[Records supplied]:
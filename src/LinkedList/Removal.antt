-- ===== src/LinkedList/Removal.antt =====
-- Remove of lib/list.cc: the item is taken out of the sequence, at the front or further on.
use nachos_assignment.LinkedList.{Heap, LinkedList, remove, walk}
use nachos_assignment.LinkedList.Chain.{IsChain, addresses, items, last_of, Represents, among_ne}
use nachos_assignment.LinkedList.Ends.{is_in_list_lem}
use nachos_assignment.LinkedList.Front.{remove_front_takes}
use nachos_assignment.LinkedList.Middle.{without, hit, miss, take_out}
use nachos_assignment.Base.{
  ℕ, suc, ◌≡◌, refl, sym, ap, ◌∙◌, subst, ◌≢◌, inl, inr, true, false, none, List, [], ◌∷◌, arith,
  ◌==◌, Bool-cases, length, set, among, IsDistinct, aborted, ok, err,
}

-- A number that is not the first and not among the others is not in the list.
pub among_cons : (k x : ℕ) (xs : List ℕ) → k ≢ x → among k xs ≡ false → among k (x ∷ xs) ≡ false
unfolding among
among_cons k x xs ne h = ground (arith, ne, h)

module _ (item : ℕ) where
  addresses-without :
      (cs : List (ℕ × ℕ)) (k : ℕ)
      → among k (addresses cs) ≡ false
      → among k (addresses (without item cs)) ≡ false
  addresses-without [] k h = unfold without in h
  addresses-without (c ∷ cs) k h =
      let (ne, others) = among_ne k c.0 (addresses cs) h in
      elim (Bool-cases (item == c.1)) [
        | inl same ↦ rw (hit c cs item same) others
        | inr other ↦
            rw (miss c cs item other)
              (among_cons k c.0 (addresses (without item cs)) ne (addresses-without cs k others))
      ]

  IsDistinct-without :
      (cs : List (ℕ × ℕ)) → IsDistinct (addresses cs) → IsDistinct (addresses (without item cs))
  IsDistinct-without [] d = unfold without in tt
  IsDistinct-without (c ∷ cs) (apart, d) = elim (Bool-cases (item == c.1)) [
    | inl same ↦ rw (hit c cs item same) d
    | inr other ↦
        rw (miss c cs item other) (addresses-without cs c.0 apart, IsDistinct-without cs d)
  ]

  among_tail :
      (c : ℕ × ℕ) (cs : List (ℕ × ℕ))
      → (item == c.1) ≡ false
      → among item (items (c ∷ cs)) ≡ true
      → among item (items cs) ≡ true
  unfolding among
  among_tail c cs other h = ground (arith, other, h)

  length-without :
      (cs : List (ℕ × ℕ))
      → among item (items cs) ≡ true
      → suc (length (without item cs)) ≡ length cs
  length-without [] h = absurd (unfold among in ground (arith, h))
  length-without (c ∷ cs) h = elim (Bool-cases (item == c.1)) [
    | inl same ↦ rw (hit c cs item same) refl
    | inr other ↦ rw (miss c cs item other) (ap suc (length-without cs (among_tail c cs other h)))
  ]

  gone : (cs : List (ℕ × ℕ)) → IsDistinct (items cs) → among item (items (without item cs)) ≡ false
  gone [] d = unfold without among in refl
  gone (c ∷ cs) (apart, d) = elim (Bool-cases (item == c.1)) [
    | inl same ↦
        let eq : item ≡ c.1 = ground (arith, same) in
        rw (hit c cs item same) (ap (λ t. among t (items cs)) eq ∙ apart)
    | inr other ↦
        let ne : item ≢ c.1 = ground (arith, other) in
        rw (miss c cs item other) (among_cons item c.1 (items (without item cs)) ne (gone cs d))
  ]

pub remove_refuses :
    (heap : Heap) (l : LinkedList) (cs : List (ℕ × ℕ)) (item : ℕ)
    → Represents heap l cs
    → among item (items cs) ≡ false
    → remove heap l item ≡ err aborted
unfolding remove
remove_refuses heap l cs item r h = rw (is_in_list_lem heap l cs item r, h) refl

-- Remove of an item that is in the list, in which no item is twice, takes it out and leaves the
-- others in their order.
pub remove_takes :
    (heap : Heap) (l : LinkedList) (cs : List (ℕ × ℕ)) (item : ℕ)
    → Represents heap l cs
    → IsDistinct (items cs)
    → among item (items cs) ≡ true
    → (h2 : Heap) × (l2 : LinkedList) × (remove heap l item ≡ ok (h2, l2))
      × Represents h2 l2 (without item cs)
unfolding remove
remove_takes heap l [] item r d there = absurd (unfold among in ground (arith, there))
remove_takes heap l (c ∷ cs) item r d there =
    let (start, (q, here, rest)) = r.chain in
    elim (Bool-cases (item == c.1)) [
      | inl same ↦
          let (l2, e, r2) = remove_front_takes heap l c cs r in
          let r3 : Represents (set heap c.0 none) l2 (without item (c ∷ cs)) =
            rw (hit c cs item same) r2 in
          (
            set heap c.0 none,
            l2,
            simp
                (
                  is_in_list_lem heap l (c ∷ cs) item r,
                  there,
                  start,
                  here,
                  same,
                  e,
                  is_in_list_lem (set heap c.0 none) l2 _ item r3,
                  gone item (c ∷ cs) d,
                )
                refl,
            r3,
          )
      | inr other ↦
          let (h2, l2, e, u) =
            take_out (walk heap) heap l c.0 c.1 q cs item here rest r.distinct
              (among_tail item c cs other there) (omega (arith, r.room)) r.ends in
          let left : without item (c ∷ cs) ≡ c ∷ without item cs = miss c cs item other in
          let shorter = length-without item (c ∷ cs) there in
          let r3 : Represents h2 l2 (without item (c ∷ cs)) = record {
            chain =
                subst (λ t. IsChain h2 l2.first t) (sym left)
                  (subst (λ t. IsChain h2 t (c ∷ without item cs)) (sym (u.head ∙ start)) u.chain);
            distinct = IsDistinct-without item (c ∷ cs) r.distinct;
            ends = u.ends ∙ ap last_of (sym left);
            counted = omega (arith, u.count, r.counted, shorter);
            room = omega (arith, u.size, r.room, shorter);
          } in
          (
            h2,
            l2,
            simp
                (
                  is_in_list_lem heap l (c ∷ cs) item r,
                  there,
                  start,
                  here,
                  other,
                  e,
                  is_in_list_lem h2 l2 _ item r3,
                  gone item (c ∷ cs) d,
                )
                refl,
            r3,
          )
    ]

[Action item]:
Count of lines that include "cases" in the records above: write that value only.

[Task answer]:
6